One intuition I feel is important is that SyncObserver does not participate in explicit back-pressure handling because it implicitly exerts back-pressure due to its mode of execution, which means that AsyncObserver is the natural place where the need for feedback is expressed. The Observable to which such an AsyncObserver subscribes must be aware of the feedback channel because otherwise it will overwhelm the observer. Beyond this theoretical reason there is also the practical implication that the asynchronous version will have a slightly different interface—the feedback must be communicated via a method call somehow—and therefore it makes sense to require an adequate AsyncObservable.

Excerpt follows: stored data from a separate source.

-- ===== src/Keys/Grants/Steps.antt =====
-- What each change of the tables does to the grant of one text, whose hash no other text has.
use perzforge.Prelude.{
  ℕ, ◌≡◌, refl, sym, ap, ◌∙◌, Bool, true, false, not, ◌&&◌, ◌||◌, Option, none, some, List, [], ◌∷◌,
  ◌++◌, Text, text_beq, text_beq-eq, text_beq_refl, find?, any, str_eq, eq_iff, update_where,
  find?-holds, find?-append_none, find?-append_some, arith, ◌==◌, Bool-cases, Option-cases, inl,
  inr, if◌then◌else◌,
}
use mathlib.Core.Option
use perzforge.Schema.{User, ApiKey, Db}
use perzforge.Http.{Result, ok, err}
use perzforge.Jobs.{Principal}
use perzforge.Auth.{
  Crypto, find_user, authenticate_api_key, touched, touching, of_key, touch_api_key_last_used,
}
use perzforge.Keys.{insert_key, is_key_of, revoked_key, revoke_found}
use perzforge.Admin.{disabled_user, disable_found}
use perzforge.Keys.Lookup.{grant_of, is_enabled, key_of, live_grant, grant_in}
use perzforge.Keys.Grants.{
  granted, withdrawn, locked_out, created_event, event_if_ok, without, after,
}

find?-update_kept :
    {A : Type 0} (p q : A → Bool) (f : A → A) (xs : List A)
    → ((x : A) → p (f x) ≡ p x)
    → find? p (update_where q f xs) ≡ Option.map (λ x. if q x then f x else x) (find? p xs)
find?-update_kept p q f [] keeps = refl
find?-update_kept p q f (x ∷ xs) keeps = ground (arith, keeps x, find?-update_kept p q f xs keeps)

any-find_none : {A : Type 0} (p : A → Bool) (xs : List A) → any p xs ≡ false → find? p xs ≡ none
any-find_none p [] h = refl
any-find_none p (x ∷ xs) h = ground (arith, any-find_none p xs)

any-either :
    {A : Type 0} (p q : A → Bool) (xs : List A)
    → any (λ x. p x || q x) xs ≡ false
    → any p xs ≡ false
any-either p q [] h = refl
any-either p q (x ∷ xs) h = ground (arith, any-either p q xs)

-- A withdrawal, on the key that a text has.
withdrawn_lem :
    (enabled : ℕ → Bool) (key_id : ℕ) (o : Option ApiKey)
    → live_grant enabled (Option.map (λ k. if k.id == key_id then revoked_key k else k) o)
      ≡ without (λ g. g.key_id == key_id) (live_grant enabled o)
withdrawn_lem enabled key_id none = refl
withdrawn_lem enabled key_id (some k) = ground arith

touched_lem :
    (enabled : ℕ → Bool) (now key_id : ℕ) (o : Option ApiKey)
    → live_grant enabled (Option.map (λ k. if k.id == key_id then touched now k else k) o)
      ≡ live_grant enabled o
touched_lem enabled now key_id none = refl
touched_lem enabled now key_id (some k) = ground arith

locked_lem :
    (enabled enabled' : ℕ → Bool) (user_id : ℕ) (o : Option ApiKey)
    → ((k : ℕ) → enabled' k ≡ (enabled k && not (k == user_id)))
    → live_grant enabled' o ≡ without (λ g. g.user_id == user_id) (live_grant enabled o)
locked_lem enabled enabled' user_id none e = refl
locked_lem enabled enabled' user_id (some k) e = let e' = e k.user_id in ground arith

pub enabled-locked :
    (user_id k : ℕ) (users : List User)
    → is_enabled (find? (λ u. u.id == k) (update_where (λ u. u.id == user_id) disabled_user users))
      ≡ (is_enabled (find? (λ u. u.id == k) users) && not (k == user_id))
enabled-locked user_id k [] = refl
enabled-locked user_id k (u ∷ users) = ground (arith, enabled-locked user_id k users)

granted_lem :
    (enabled : ℕ → Bool) (key : ApiKey)
    → key.revoked ≡ false
    → enabled key.user_id ≡ true
    → live_grant enabled (some key) ≡ some (grant_of key)
granted_lem enabled key valid on = ground arith

module _ (c : Crypto) (token : Text)
    (only : (text : Text) → c.hash_token text ≡ c.hash_token token → text ≡ token) where
  pub withdrawn-grant :
      (key_id : ℕ) (user : User) (db : Db) (o : Option ApiKey)
      → find? (is_key_of key_id user) db.api_keys ≡ o
      → (let (event, db') = event_if_ok (withdrawn key_id) (revoke_found o db) in
          grant_in c token db' ≡ after token event (grant_in c token db))
  unfolding grant_in after
  withdrawn-grant key_id user db none e = refl
  withdrawn-grant key_id user db (some key) e =
      let held = find?-holds (is_key_of key_id user) db.api_keys key e in
      let same : key.id ≡ key_id = ground (arith, held) in
      let enabled = λ (k : ℕ). is_enabled (find_user k db) in
      ap (live_grant enabled) (
        find?-update_kept (λ k. str_eq k.key_hash (c.hash_token token)) (λ k. k.id == key.id)
          revoked_key db.api_keys (λ k. refl))
      ∙ withdrawn_lem enabled key.id (key_of c token db.api_keys)
      ∙ ap (λ n. without (λ g. g.key_id == n) (grant_in c token db)) same

  key_of-new :
      (key : ApiKey) (keys : List ApiKey)
      → key.key_hash ≡ c.hash_token token
      → any (λ k. str_eq k.key_hash key.key_hash) keys ≡ false
      → key_of c token (keys ++ key ∷ []) ≡ some key
  key_of-new key keys hash vacant =
      let p = λ (k : ApiKey). str_eq k.key_hash (c.hash_token token) in
      let vacant' = ap (λ h. any (λ k. str_eq k.key_hash h) keys) (sym hash) ∙ vacant in
      find?-append_none p keys (key ∷ []) (any-find_none p keys vacant')
      ∙ rw ((eq_iff key.key_hash (c.hash_token token)).1 hash) refl

  key_of-other :
      (key : ApiKey) (keys : List ApiKey)
      → str_eq key.key_hash (c.hash_token token) ≡ false
      → key_of c token (keys ++ key ∷ []) ≡ key_of c token keys
  key_of-other key keys differs =
      let p = λ (k : ApiKey). str_eq k.key_hash (c.hash_token token) in
      elim (Option-cases (find? p keys)) [
        | inl absent ↦ find?-append_none p keys (key ∷ []) absent ∙ rw differs refl ∙ sym absent
        | inr (k, there) ↦ find?-append_some p keys (key ∷ []) k there ∙ sym there
      ]

  hash_differs :
      (key : ApiKey) (plaintext : Text)
      → key.key_hash ≡ c.hash_token plaintext
      → text_beq token plaintext ≡ false
      → str_eq key.key_hash (c.hash_token token) ≡ false
  hash_differs key plaintext hash other =
      elim (Bool-cases (str_eq key.key_hash (c.hash_token token))) [
        | inr differs ↦ differs
        | inl agrees ↦
            let same =
              only plaintext (sym hash ∙ (eq_iff key.key_hash (c.hash_token token)).0 agrees) in
            absurd (cc (text_beq_refl token, ap (text_beq token) same, other))
      ]

  new_key-grant :
      (key : ApiKey) (plaintext : Text) (db : Db)
      → key.key_hash ≡ c.hash_token plaintext
      → key.revoked ≡ false
      → is_enabled (find_user key.user_id db) ≡ true
      → any (λ k. str_eq k.key_hash key.key_hash || k.id == key.id) db.api_keys ≡ false
      → grant_in c token (record db { api_keys = db.api_keys ++ key ∷ [] })
        ≡ after token (granted plaintext (grant_of key)) (grant_in c token db)
  unfolding grant_in after
  new_key-grant key plaintext db hash valid enabled fresh =
      let on = λ (k : ℕ). is_enabled (find_user k db) in
      let vacant =
        any-either (λ k. str_eq k.key_hash key.key_hash) (λ k. k.id == key.id) db.api_keys fresh in
      elim (Bool-cases (text_beq token plaintext)) [
        | inl same ↦
            let hash' = hash ∙ ap (c.hash_token) (sym (text_beq-eq token plaintext same)) in
            ap (live_grant on) (key_of-new key db.api_keys hash' vacant)
            ∙ granted_lem on key valid enabled
            ∙ rw same refl
        | inr other ↦
            ap (live_grant on)
              (key_of-other key db.api_keys (hash_differs key plaintext hash other))
            ∙ rw other refl
      ]

  pub created-grant :
      (key : ApiKey) (plaintext : Text) (db : Db)
      → key.key_hash ≡ c.hash_token plaintext
      → key.revoked ≡ false
      → is_enabled (find_user key.user_id db) ≡ true
      → (let (event, db') = created_event (grant_of key) (insert_key key plaintext db) in
          grant_in c token db' ≡ after token event (grant_in c token db))
  unfolding insert_key after
  created-grant key plaintext db hash valid enabled =
      elim (Bool-cases (any (λ k. str_eq k.key_hash key.key_hash || k.id == key.id) db.api_keys)) [
        | inl taken ↦ rw taken refl
        | inr fresh ↦ rw fresh (new_key-grant key plaintext db hash valid enabled fresh)
      ]

  pub locked_out-grant :
      (user_id : ℕ) (o : Option User) (db : Db)
      → (let (event, db') = event_if_ok (locked_out user_id) (disable_found user_id o db) in
          grant_in c token db' ≡ after token event (grant_in c token db))
  unfolding grant_in after
  locked_out-grant user_id none db = refl
  locked_out-grant user_id (some u) db =
      locked_lem (λ k. is_enabled (find_user k db)) _ user_id (key_of c token db.api_keys)
        (λ k. enabled-locked user_id k db.users)

  touched-grant :
      (now : ℕ) (o : Option ApiKey) (db : Db)
      → grant_in c token (elim o [ none ↦ db | some key ↦ touch_api_key_last_used now key.id db ])
        ≡ grant_in c token db
  unfolding touch_api_key_last_used grant_in
  touched-grant now none db = refl
  touched-grant now (some key) db =
      let on = λ (k : ℕ). is_enabled (find_user k db) in
      ap (live_grant on) (
        find?-update_kept (λ k. str_eq k.key_hash (c.hash_token token)) (λ k. k.id == key.id)
          (touched now) db.api_keys (λ k. refl))
      ∙ touched_lem on now key.id (key_of c token db.api_keys)

  touching-grant :
      (now : ℕ) (r : Result Principal) (db : Db)
      → grant_in c token (touching now db r).1 ≡ grant_in c token db
  touching-grant now (ok principal) db = touched-grant now principal.api_key db
  touching-grant now (err e) db = refl

  pub presented-grant :
      (now : ℕ) (text : Text) (db : Db)
      → grant_in c token (authenticate_api_key c now text db).1 ≡ grant_in c token db
  unfolding authenticate_api_key
  presented-grant now text db =
      touching-grant now
        (of_key now db (find? (λ k. str_eq k.key_hash (c.hash_token text)) db.api_keys)) db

Since the function of the sync and async variants depends on a matching counterpart there cannot be a subtype relationship between them, neither can pass for the other. The precise details of the rules relating to which operations mediate between which processing modes elude me at this point, Friday evening taking its toll; I’ll keep thinking about it over the next days. Another intuition I have is that what I call “plan” in the glossary might well summarize all those operations which keep sync/async nature as it is while changes between them might happen at the Subject level.

Your example of the streams connected via RxNetty shows that transmission of streams by other means (e.g. Netty/NIO/TCP/IP/Ethernet in this case) needs to respect and transport back-pressure as well, which must be actively arranged (by telling Netty not to buffer writes without bound—all other parts have bounds AFAICS). The consumer in the example is completely synchronous and not guilty of buffering; queueing is introduced by the extra non-Rx layers. If we were to express the RxNetty-Netty-NIO-TCP-IP-Ethernet-IP-TCP-NIO-Netty-RxNetty pipeline as a Subject then it would for sure need to be an asynchronous one.

Closing thought: we should create a table listing all the stream transformation vocabulary so that we gain an overview of what we need to categorize.